Vishwanathan submitted that in terms of the scheme of the Act, an examination should be permitted prior to enrolment. In his arguments, the AG submitted and agreed that the pre-enrollment AIBE would be the most appropriate.
It was the contention of the AG that, “Section 49(1)(ab) to 49(1)(ag) clearly confess the power on the BCI to classify the class and category of lawyers – the one who has got his qualification of having passed the law examination, and thereafter having passed the bar examination, and those having completed the training, if such training is provided for”.
The AG pointed out that 500 law institutions were declared substandard and were closed down. He argued that since there are sub-standard colleges, how do we then find out from the result of the students that pass out whether they meet the requirements? “The only manner is an examination where the All India Bar Examination is uniform and the syllabus is published…it is essential for maintaining standards throughout the country in all law colleges” the AG added.
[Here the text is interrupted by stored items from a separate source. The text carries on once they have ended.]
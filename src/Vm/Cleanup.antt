-- ===== src/Vm/Cleanup.antt =====
-- The cleanups of internal/spind/vm/start behind a VM: the host share (host_share.go), Docker
-- (docker_host.go, cloud_hypervisor.go) and Kubernetes (kind_ready.go). What the manager asks of the
-- host is a parameter, the `Machine`: a request to a socket, a command and the removal of a file,
-- whose errors the code drops, are steps of `W`.
use spind.Prelude.{
  Bool, Bytes, List, Result, [], codes, err, if◌then◌else◌, is_empty, not, ok, str_eq, ℕ, ◌&&◌,
  ◌==◌, ◌∷◌,
}
use spind.Snapshot.{join, cloud_hypervisor}
use spind.Vm.State.{VmState}
use spind.Vm.Status.{process_alive}
use spind.Vm.Process.{Kernel, Signal, sigterm, sigkill, ProcessError, signal_process, wait_for_exit}

pub record Machine (W : Type 0) : Type 0 where
  pub kernel : Kernel W
  pub remove : Bytes → W → W
  -- which of the files of a VM's directory are left
  pub files_left : W → List Bytes → List Bytes
  pub unmount_vsock : Bytes → ℕ → Bytes → W → W
  pub unmount : Bytes → Bytes → W → W
  pub vmm_request : Bytes → Bytes → W → W
  pub network_command : List Bytes → W → W
  pub run_runner : List Bytes → W → Bool × W
  pub write_fails : W → Bool

module _ {W : Type 0} (machine : Machine W) where
  abbrev pub alive : W → ℕ → Bool
  alive w pid = process_alive (machine.kernel.probe w) pid

  abbrev pub signal : ℕ → Signal → W → W
  signal pid sign w = (signal_process machine.kernel pid sign w).1

  abbrev pub wait : ℕ → ℕ → W → W
  wait pid timeout w = (wait_for_exit machine.kernel pid timeout w).1

  unfoldable pub remove_if_named : Bytes → W → W
  remove_if_named path w = if is_empty path then w else machine.remove path w

  -- `SIGTERM` and a wait, for a process that is there
  unfoldable pub end_relay : ℕ → W → W
  end_relay pid w =
      if not (pid == 0) && alive w pid then wait pid 2000 (signal pid sigterm w) else w

  -- `SIGTERM`, and `SIGKILL` where the process does not exit
  unfoldable pub end_process : ℕ → ℕ → W → Result ProcessError (Unit {0}) × W
  end_process pid timeout w =
      let (first, w1) = wait_for_exit machine.kernel pid timeout w in
      let (second, w2) = wait_for_exit machine.kernel pid timeout (signal pid sigkill w1) in
      elim first [
        | ok _ ↦ (ok tt, w1)
        | err e ↦ elim second [ ok _ ↦ (ok tt, w2) | err _ ↦ (err e, w2) ]
      ]

  unfoldable pub unmount_host_share : VmState → W → W
  unmount_host_share state w =
      if is_empty state.host_share_path
      then w
      else if str_eq state.backend cloud_hypervisor
      then (if not (is_empty state.cloud_hypervisor_vsock_socket_path)
            && not (state.host_share_guest_port == 0)
          then machine.unmount_vsock state.cloud_hypervisor_vsock_socket_path
              state.host_share_guest_port state.host_share_path w
          else w)
      else if is_empty state.host_share_mount_socket_path
      then w
      else machine.unmount state.host_share_mount_socket_path state.host_share_path w

  unfoldable pub cleanup_host_share_artifacts : VmState → W → W
  cleanup_host_share_artifacts state w =
      let w1 = remove_if_named state.host_share_mount_socket_path w in
      let pid = state.host_share_virtio_fs_pid in
      let w2 = if pid == 0 then w1 else (end_process pid 3000 (signal pid sigterm w1)).1 in
      remove_if_named state.host_share_virtio_fs_socket_path w2

  abbrev pub cleanup_host_share : VmState → W → W
  cleanup_host_share state w = cleanup_host_share_artifacts state (unmount_host_share state w)

  unfoldable pub cleanup_docker_endpoint : VmState → W → W
  cleanup_docker_endpoint state w =
      let w1 = end_relay state.docker_port_relay_pid w in
      let w2 =
        if state.docker_relay_pid == state.pid then w1 else end_relay state.docker_relay_pid w1 in
      remove_if_named state.docker_tcp_forward_socket_path
        (remove_if_named state.docker_socket_path w2)

  unfoldable pub cleanup_docker_endpoint_for_vm : Bytes → VmState → W → W
  cleanup_docker_endpoint_for_vm vm_dir state w =
      let w1 = cleanup_docker_endpoint state w in
      let w2 =
        if is_empty state.docker_socket_path
        then machine.remove (join vm_dir (codes "docker.sock")) w1
        else w1 in
      if is_empty state.docker_tcp_forward_socket_path
      then machine.remove (join vm_dir (codes "tcp-forward.sock")) w2
      else w2

  unfoldable pub cleanup_kubernetes_endpoint : VmState → W → W
  cleanup_kubernetes_endpoint state w =
      end_relay state.registry_relay_pid (end_relay state.kubernetes_relay_pid w)

  unfoldable pub cleanup_cloud_hypervisor_docker_network : VmState → W → W
  cleanup_cloud_hypervisor_docker_network state w =
      let pid = state.docker_network_backend_pid in
      let w1 =
        if not (pid == 0) && alive w pid
        then (end_process pid 3000 (signal pid sigterm w)).1
        else w in
      let w2 = remove_if_named state.docker_network_socket_path w1 in
      if is_empty state.docker_tap_name
      then w2
      else machine.network_command
          (codes "ip" ∷ codes "link" ∷ codes "delete" ∷ state.docker_tap_name ∷ []) w2

  unfoldable pub cleanup_endpoints : Bytes → VmState → W → W
  cleanup_endpoints vm_dir state w =
      cleanup_kubernetes_endpoint state (cleanup_docker_endpoint_for_vm vm_dir state w)
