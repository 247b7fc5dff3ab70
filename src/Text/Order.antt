-- ===== src/Text/Order.antt =====
-- `a < b` on Go's strings, and what `sort.Slice` and `sort.Strings` do with keys that are strings.
use spind.Prelude.{
  All, Bool, Bool-cases, Bytes, List, [], arith, false, if◌then◌else◌, inl, inr, ltb, refl, true,
  ◌∷◌, ◌≡◌, ◌≢◌,
}
use mathlib.Core.List.{Perm}
use mathlib.Core.List.Perm

unfoldable pub str_lt : Bytes → Bytes → Bool
str_lt [] [] = false
str_lt [] (y ∷ ys) = true
str_lt (x ∷ xs) [] = false
str_lt (x ∷ xs) (y ∷ ys) =
    let rest = str_lt xs ys in if ltb x y then true else if ltb y x then false else rest

pub str_lt_asym : (a b : Bytes) → str_lt a b ≡ true → str_lt b a ≡ false
unfolding str_lt
str_lt_asym [] [] h = refl
str_lt_asym [] (y ∷ ys) h = refl
str_lt_asym (x ∷ xs) [] h = cc
str_lt_asym (x ∷ xs) (y ∷ ys) h = ground (arith, str_lt_asym xs ys)

pub str_lt_trans : (a b c : Bytes) → str_lt b a ≡ false → str_lt c b ≡ false → str_lt c a ≡ false
unfolding str_lt
str_lt_trans [] b [] h k = refl
str_lt_trans (x ∷ xs) [] [] h k = cc
str_lt_trans (x ∷ xs) (y ∷ ys) [] h k = cc
str_lt_trans [] b (z ∷ zs) h k = refl
str_lt_trans (x ∷ xs) [] (z ∷ zs) h k = cc
str_lt_trans (x ∷ xs) (y ∷ ys) (z ∷ zs) h k = ground (arith, str_lt_trans xs ys zs)

module _ {A : Type 0} (key : A → Bytes) where
  unfoldable pub insert_by : A → List A → List A
  insert_by x [] = x ∷ []
  insert_by x (y ∷ ys) =
      let rest = insert_by x ys in if str_lt (key y) (key x) then y ∷ rest else x ∷ y ∷ ys

  unfoldable pub sort_by : List A → List A
  sort_by [] = []
  sort_by (x ∷ xs) = insert_by x (sort_by xs)

  abbrev pub IsAscending : List A → Type 0
  IsAscending [] = Unit
  IsAscending (x ∷ xs) = All (λ y. str_lt (key y) (key x) ≡ false) xs × IsAscending xs

  insert_by-perm : (x : A) (xs : List A) → Perm (insert_by x xs) (x ∷ xs)
  unfolding insert_by
  insert_by-perm x [] = Perm.rfl
  insert_by-perm x (y ∷ ys) = elim (Bool-cases (str_lt (key y) (key x))) [
    | inl e ↦ rw e (Perm.trans (Perm.cons y (insert_by-perm x ys)) (Perm.swap x y ys))
    | inr e ↦ rw e Perm.rfl
  ]

  insert_by-cons : (x : A) (xs : List A) → insert_by x xs ≢ []
  unfolding insert_by
  insert_by-cons x [] h = cc
  insert_by-cons x (y ∷ ys) h = elim (Bool-cases (str_lt (key y) (key x))) [
    | inl e ↦ cc (rw e at h)
    | inr e ↦ cc (rw e at h)
  ]

  insert_by-All : (P : A → Type 0) (x : A) (xs : List A) → P x → All P xs → All P (insert_by x xs)
  unfolding insert_by
  insert_by-All P x [] h k = (h, tt)
  insert_by-All P x (y ∷ ys) h (k, ks) = elim (Bool-cases (str_lt (key y) (key x))) [
    | inl e ↦ rw e (k, insert_by-All P x ys h ks)
    | inr e ↦ rw e (h, (k, ks))
  ]

  below-All :
      (x y : A) (ys : List A)
      → str_lt (key y) (key x) ≡ false
      → All (λ z. str_lt (key z) (key y) ≡ false) ys
      → All (λ z. str_lt (key z) (key x) ≡ false) ys
  below-All x y [] h k = tt
  below-All x y (z ∷ zs) h (k, ks) =
      (str_lt_trans (key x) (key y) (key z) h k, below-All x y zs h ks)

  insert_by-IsAscending : (x : A) (xs : List A) → IsAscending xs → IsAscending (insert_by x xs)
  unfolding insert_by
  insert_by-IsAscending x [] h = (tt, tt)
  insert_by-IsAscending x (y ∷ ys) (below, h) = elim (Bool-cases (str_lt (key y) (key x))) [
    | inl e ↦ rw e (
      insert_by-All (λ z. str_lt (key z) (key y) ≡ false) x ys (str_lt_asym (key y) (key x) e)
          below,
      insert_by-IsAscending x ys h,
    )
    | inr e ↦ rw e ((e, below-All x y ys e below), (below, h))
  ]

  pub sort_by-IsAscending : (xs : List A) → IsAscending (sort_by xs)
  unfolding sort_by
  sort_by-IsAscending [] = tt
  sort_by-IsAscending (x ∷ xs) = insert_by-IsAscending x (sort_by xs) (sort_by-IsAscending xs)

  pub sort_by-perm : (xs : List A) → Perm (sort_by xs) xs
  unfolding sort_by
  sort_by-perm [] = Perm.rfl
  sort_by-perm (x ∷ xs) = Perm.trans (insert_by-perm x (sort_by xs)) (Perm.cons x (sort_by-perm xs))

  pub sort_by-nil : (xs : List A) → sort_by xs ≡ [] → xs ≡ []
  unfolding sort_by
  sort_by-nil [] h = refl
  sort_by-nil (x ∷ xs) h = absurd (insert_by-cons x (sort_by xs) h)
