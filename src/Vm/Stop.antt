-- ===== src/Vm/Stop.antt =====
-- `Stop` of internal/spind/vm/start/manager.go, with `stopCloudHypervisor` of cloud_hypervisor.go.
use spind.Prelude.{
  Bool, Bytes, Result, [], codes, err, false, if◌then◌else◌, is_empty, not, ok, str_eq, true, ℕ,
  ◌∷◌, ◌>>=◌, ◌>>◌,
}
use spind.Text.Decimal.{itoa}
use spind.Snapshot.{join, cloud_hypervisor, virtualization_framework}
use spind.Vm.{
  readable, VmMetadata, VmError, not_found, read_metadata_failed, read_state_failed, invalid_name,
  or_else, validate_store_name,
}
use spind.Vm.State.{VmState, empty_state}
use spind.Vm.Status.{is_running, read_metadata, read_state}
use spind.Vm.Process.{sigterm, ProcessError, signal_process, wait_for_exit}
use spind.Vm.Cleanup.{
  Machine, end_process, unmount_host_share, cleanup_host_share, cleanup_host_share_artifacts,
  cleanup_cloud_hypervisor_docker_network, cleanup_endpoints,
}
use spind.Vm.Store.{VmDir}
pub mod Gone
pub mod Stopped
pub mod Metadata

pub data StopMode : Type 0 where
  graceful delete : StopMode

pub data StopError : Type 0 where
  refused : VmError → StopError
  process_failed : ProcessError → StopError
  runner_failed write_failed : StopError

-- the directory of the VM and the rest of the host
pub record Stopping (W : Type 0) : Type 0 where
  pub dir : VmDir
  pub world : W

abbrev pub stopped_state : Bytes → ℕ → VmState
stopped_state backend now = record empty_state {
  status = codes "stopped";
  backend = backend;
  updated_at = now;
}

abbrev pub shutdown_wait : StopMode → ℕ
shutdown_wait delete = 1000
shutdown_wait graceful = 5000

-- the metadata and the state of the VM, where it can be stopped
unfoldable pub stop_target : Bytes → VmDir → Result VmError (VmMetadata × VmState)
stop_target name dir = do
  validate_store_name name
  metadata ← read_metadata dir.metadata
  state ← read_state dir.state
  ok (metadata, state)

module _ {W : Type 0} (machine : Machine W) where
  unfoldable pub write_state : Bool → VmState → Stopping W → Result StopError Bool × Stopping W
  write_state result state s =
      if machine.write_fails s.world
      then (err write_failed, s)
      else (ok result, record s { dir = record s.dir { state = readable state } })

  -- The cleanups remove sockets, some of which are files of the directory. The paths in a state are
  -- those of sockets, and none is that of a JSON file of the VM.
  abbrev pub at_world : Stopping W → W → Stopping W
  at_world s w = record s {
    dir = record s.dir { files = machine.files_left w s.dir.files };
    world = w;
  }

  -- The Boolean result is of no use where there is an error.
  unfoldable pub write_stopped : Bool → Bytes → Stopping W → Result StopError Bool × Stopping W
  write_stopped result backend s =
      write_state result (stopped_state backend (machine.kernel.now s.world)) s

  unfoldable pub finish_cloud_hypervisor : VmState → Stopping W → Result StopError Bool × Stopping W
  finish_cloud_hypervisor state s =
      let w1 = cleanup_cloud_hypervisor_docker_network machine state s.world in
      write_stopped true cloud_hypervisor
        (at_world s (cleanup_host_share_artifacts machine state w1))

  -- whether the process exits in time upon a request to the VMM
  unfoldable pub request_exit : Bytes → ℕ → VmState → W → Bool × W
  request_exit path timeout state w =
      let w1 = machine.vmm_request state.cloud_hypervisor_api_socket_path path w in
      let (result, w2) = wait_for_exit machine.kernel state.pid timeout w1 in
      elim result [ ok _ ↦ (true, w2) | err _ ↦ (false, w2) ]

  unfoldable pub request_exits : StopMode → VmState → W → Bool × W
  request_exits graceful state w =
      let (exited, w1) = request_exit (codes "/api/v1/vm.shutdown") 10000 state w in
      let second = request_exit (codes "/api/v1/vmm.shutdown") (shutdown_wait graceful) state w1 in
      if is_empty state.cloud_hypervisor_api_socket_path
      then (false, w)
      else if exited
      then (true, w1)
      else second
  request_exits delete state w =
      if is_empty state.cloud_hypervisor_api_socket_path
      then (false, w)
      else request_exit (codes "/api/v1/vmm.shutdown") (shutdown_wait delete) state w

  unfoldable pub kill_vmm : StopMode → VmState → W → Result ProcessError (Unit {0}) × W
  kill_vmm mode state w =
      let (sent, w1) = signal_process machine.kernel state.pid sigterm w in
      elim sent [
        | err e ↦ (err e, w1)
        | ok _ ↦ end_process machine state.pid (shutdown_wait mode) w1
      ]

  unfoldable pub stop_cloud_hypervisor :
      StopMode → VmState → Stopping W → Result StopError Bool × Stopping W
  stop_cloud_hypervisor mode state s =
      let (exited, w1) = request_exits mode state s.world in
      let (killed, w2) = kill_vmm mode state w1 in
      if exited then finish_cloud_hypervisor state (at_world s w1) else elim killed [
        | ok _ ↦ finish_cloud_hypervisor state (at_world s w2)
        | err e ↦ (err (process_failed e), at_world s w2)
      ]

  -- `runner_path` is empty where there is no runner.
  unfoldable pub ask_to_exit : Bytes → ℕ → W → Result StopError (Unit {0}) × W
  ask_to_exit runner_path pid w =
      let (done, w1) = machine.run_runner (codes "stop" ∷ codes "--pid" ∷ itoa pid ∷ []) w in
      let (sent, w2) = signal_process machine.kernel pid sigterm w in
      if not (is_empty runner_path)
      then (if done then (ok tt, w1) else (err runner_failed, w1))
      else elim sent [ ok _ ↦ (ok tt, w2) | err e ↦ (err (process_failed e), w2) ]

  unfoldable pub stop_runner :
      Bytes → Bytes → VmState → Stopping W → Result StopError Bool × Stopping W
  stop_runner runner_path backend state s =
      let (asked, w1) = ask_to_exit runner_path state.pid s.world in
      let (exited, w2) = wait_for_exit machine.kernel state.pid 5000 w1 in
      elim asked [
        | err e ↦ (err e, at_world s w1)
        | ok _ ↦ elim exited [
          | err e ↦ (err (process_failed e), at_world s w2)
          | ok _ ↦ write_stopped true backend (at_world s w2)
        ]
      ]

  unfoldable pub stop_vm :
      StopMode → Bytes → Bytes → Bytes → VmState → Stopping W → Result StopError Bool × Stopping W
  stop_vm mode vm_dir runner_path backend state s =
      let cleaned =
        at_world s
          (cleanup_endpoints machine vm_dir state (cleanup_host_share machine state s.world)) in
      if not (is_running (machine.kernel.probe s.world) state)
      then write_stopped false backend cleaned
      else if str_eq backend cloud_hypervisor
      then stop_cloud_hypervisor mode state (
          at_world s
            (cleanup_endpoints machine vm_dir state (unmount_host_share machine state s.world)))
      else stop_runner runner_path backend state cleaned

  unfoldable pub stop :
      StopMode → Bytes → Bytes → Bytes → Stopping W → Result StopError Bool × Stopping W
  stop mode vm_store runner_path name s = elim (stop_target name s.dir) [
    | err e ↦ (err (refused e), s)
    | ok target ↦
        stop_vm mode (join vm_store name) runner_path
          (or_else target.0.backend virtualization_framework) target.1 s
  ]
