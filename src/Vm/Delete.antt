-- ===== src/Vm/Delete.antt =====
-- `DeleteVM`, `vmRunning`, `DeleteImage` and `imageReferences` of
-- internal/spind/vm/start/manager.go, with `Delete` of internal/spind/image/store.go. The removal of
-- a directory, its size and the kubeconfig are the `Remover`, a parameter beside the `Machine`.
use spind.Prelude.{
  Bool, Bytes, List, Option, Result, [], err, if◌then◌else◌, is_nil, none, not, ok, some, str_eq, ℕ,
  ◌&&◌, ◌++◌, ◌∷◌, ◌>>=◌,
}
use spind.Text.Order.{sort_by}
use spind.Name.{valid_name}
use spind.Vm.{VmMetadata, VmError, JsonFile, missing, unreadable, readable}
use spind.Vm.State.{VmState}
use spind.Vm.Status.{is_running, read_state}
use spind.Vm.Store.{
  lookup, erase, store, VmDir, VmEntry, not_directory, directory, Vms, ImageDir, ImageEntry,
  image_not_directory, image_directory, Images,
}
use spind.Vm.Cleanup.{Machine}
pub mod Deleted
pub mod Left
use spind.Vm.Stop.{StopMode, delete, StopError, Stopping, stop}

pub data DeleteError : Type 0 where
  name_not_valid vm_not_found vm_not_directory vm_is_running : DeleteError
  state_not_read : VmError → DeleteError
  stop_failed : StopError → DeleteError
  unmerge_failed size_failed remove_failed : DeleteError

-- `remove_all` says whether all is removed; `left` is what is left where it is not.
pub record Remover (W : Type 0) : Type 0 where
  pub unmerge_kubeconfig : Bytes → W → Bool × W
  pub directory_size : VmDir → W → Option ℕ
  pub remove_all : Bytes → W → Bool × W
  pub left : VmDir → VmDir

pub record VmDeleteOptions : Type 0 where
  pub force : Bool
  pub unmerge_kubeconfig : Bool

module _ {W : Type 0} (machine : Machine W) (remover : Remover W) where
  -- The directory is none where it was removed.
  abbrev pub Deleting : Type 0
  Deleting = Result DeleteError ℕ × Option VmDir × W

  unfoldable pub remove_vm : Bytes → ℕ → VmDir → W → Deleting
  remove_vm name size dir w =
      let (removed, w1) = remover.remove_all name w in
      if removed then (ok size, none, w1) else (err remove_failed, some (remover.left dir), w1)

  unfoldable pub measure_and_remove : Bytes → VmDir → W → Deleting
  measure_and_remove name dir w = elim (remover.directory_size dir w) [
    | none ↦ (err size_failed, some dir, w)
    | some size ↦ remove_vm name size dir w
  ]

  unfoldable pub unmerge_and_remove : Bytes → Bool → VmDir → W → Deleting
  unmerge_and_remove name unmerge dir w =
      let (unmerged, w1) = remover.unmerge_kubeconfig name w in
      if unmerge
      then (if unmerged then measure_and_remove name dir w1 else (err unmerge_failed, some dir, w1))
      else measure_and_remove name dir w

  unfoldable pub stop_and_remove : Bytes → Bytes → Bytes → Bool → VmDir → W → Deleting
  stop_and_remove vm_store runner_path name unmerge dir w =
      let (stopped, s) =
        stop machine delete vm_store runner_path name (record { dir = dir; world = w }) in
      elim stopped [
        | err e ↦ (err (stop_failed e), some s.dir, s.world)
        | ok _ ↦ unmerge_and_remove name unmerge s.dir s.world
      ]

  unfoldable pub delete_dir : Bytes → Bytes → Bytes → VmDeleteOptions → VmDir → W → Deleting
  delete_dir vm_store runner_path name options dir w = elim (read_state dir.state) [
    | err e ↦ (err (state_not_read e), some dir, w)
    | ok state ↦
        if not (is_running (machine.kernel.probe w) state)
        then unmerge_and_remove name options.unmerge_kubeconfig dir w
        else if not options.force
        then (err vm_is_running, some dir, w)
        else stop_and_remove vm_store runner_path name options.unmerge_kubeconfig dir w
  ]

  unfoldable pub put_back : Bytes → Option VmDir → Vms → Vms
  put_back name none vms = erase name vms
  put_back name (some dir) vms = store name (directory dir) vms

  unfoldable pub delete_entry :
      Bytes
      → Bytes
      → Bytes
      → VmDeleteOptions
      → Option VmEntry
      → Vms
      → W
      → Result DeleteError ℕ × Vms × W
  delete_entry vm_store runner_path name options none vms w = (err vm_not_found, vms, w)
  delete_entry vm_store runner_path name options (some not_directory) vms w =
      (err vm_not_directory, vms, w)
  delete_entry vm_store runner_path name options (some (directory dir)) vms w =
      let (result, left, w1) = delete_dir vm_store runner_path name options dir w in
      (result, put_back name left vms, w1)

  unfoldable pub delete_vm :
      Bytes → Bytes → Bytes → VmDeleteOptions → Vms → W → Result DeleteError ℕ × Vms × W
  delete_vm vm_store runner_path name options vms w =
      let deleted = delete_entry vm_store runner_path name options (lookup name vms) vms w in
      if valid_name name then deleted else (err name_not_valid, vms, w)

pub data ImageError : Type 0 where
  image_name_not_valid no_such_image not_an_image_directory image_is_referenced : ImageError
  references_not_read image_size_failed image_remove_failed : ImageError

unfoldable pub reference_of : Bytes → Bytes → JsonFile VmMetadata → Result ImageError (List Bytes)
reference_of image_name name missing = err references_not_read
reference_of image_name name unreadable = err references_not_read
reference_of image_name name (readable metadata) =
    if str_eq metadata.image image_name then ok (name ∷ []) else ok []

unfoldable pub entry_references : Bytes → Bytes → VmEntry → Result ImageError (List Bytes)
entry_references image_name name not_directory = ok []
entry_references image_name name (directory dir) = reference_of image_name name dir.metadata

unfoldable pub collected_references : Bytes → Vms → Result ImageError (List Bytes)
collected_references image_name [] = ok []
collected_references image_name ((name, entry) ∷ vms) = do
  here ← entry_references image_name name entry
  rest ← collected_references image_name vms
  ok (here ++ rest)

unfoldable pub image_references : Bytes → Vms → Result ImageError (List Bytes)
image_references image_name vms = do
  references ← collected_references image_name vms
  ok (sort_by (λ name. name) references)

-- whether the directory of an image can be removed, and what is left of it where it cannot
pub record ImageRemover : Type 0 where
  pub removes : Bool
  pub left : ImageDir → ImageDir

unfoldable pub delete_image_dir :
    ImageRemover
    → Bytes
    → List Bytes
    → Bool
    → ImageDir
    → Images
    → Result ImageError (ℕ × List Bytes) × Images
delete_image_dir remover name references force dir images =
    if not (is_nil references) && not force
    then (err image_is_referenced, images)
    else elim dir.size [
      | none ↦ (err image_size_failed, images)
      | some size ↦
          if remover.removes
          then (ok (size, references), erase name images)
          else (err image_remove_failed, store name (image_directory (remover.left dir)) images)
    ]

unfoldable pub delete_image_entry :
    ImageRemover
    → Bytes
    → List Bytes
    → Bool
    → Option ImageEntry
    → Images
    → Result ImageError (ℕ × List Bytes) × Images
delete_image_entry remover name references force none images = (err no_such_image, images)
delete_image_entry remover name references force (some image_not_directory) images =
    (err not_an_image_directory, images)
delete_image_entry remover name references force (some (image_directory dir)) images =
    delete_image_dir remover name references force dir images

unfoldable pub delete_image :
    ImageRemover → Bytes → Bool → Vms → Images → Result ImageError (ℕ × List Bytes) × Images
delete_image remover name force vms images = elim (image_references name vms) [
  | err e ↦ (err e, images)
  | ok references ↦
      if valid_name name
      then delete_image_entry remover name references force (lookup name images) images
      else (err image_name_not_valid, images)
]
In his submission, apart from questioning the validity of V. Sudeer and asserting the need for a pre-enrolment examination, Vishwanathan submitted that there was no need for a post-enrolment examination. On the question of mandating training, Vishwanathan opined that trainees cannot be left to fend for themselves.
At the end of Wednesday’s hearing, the bench concluded arguments and reserved its judgment.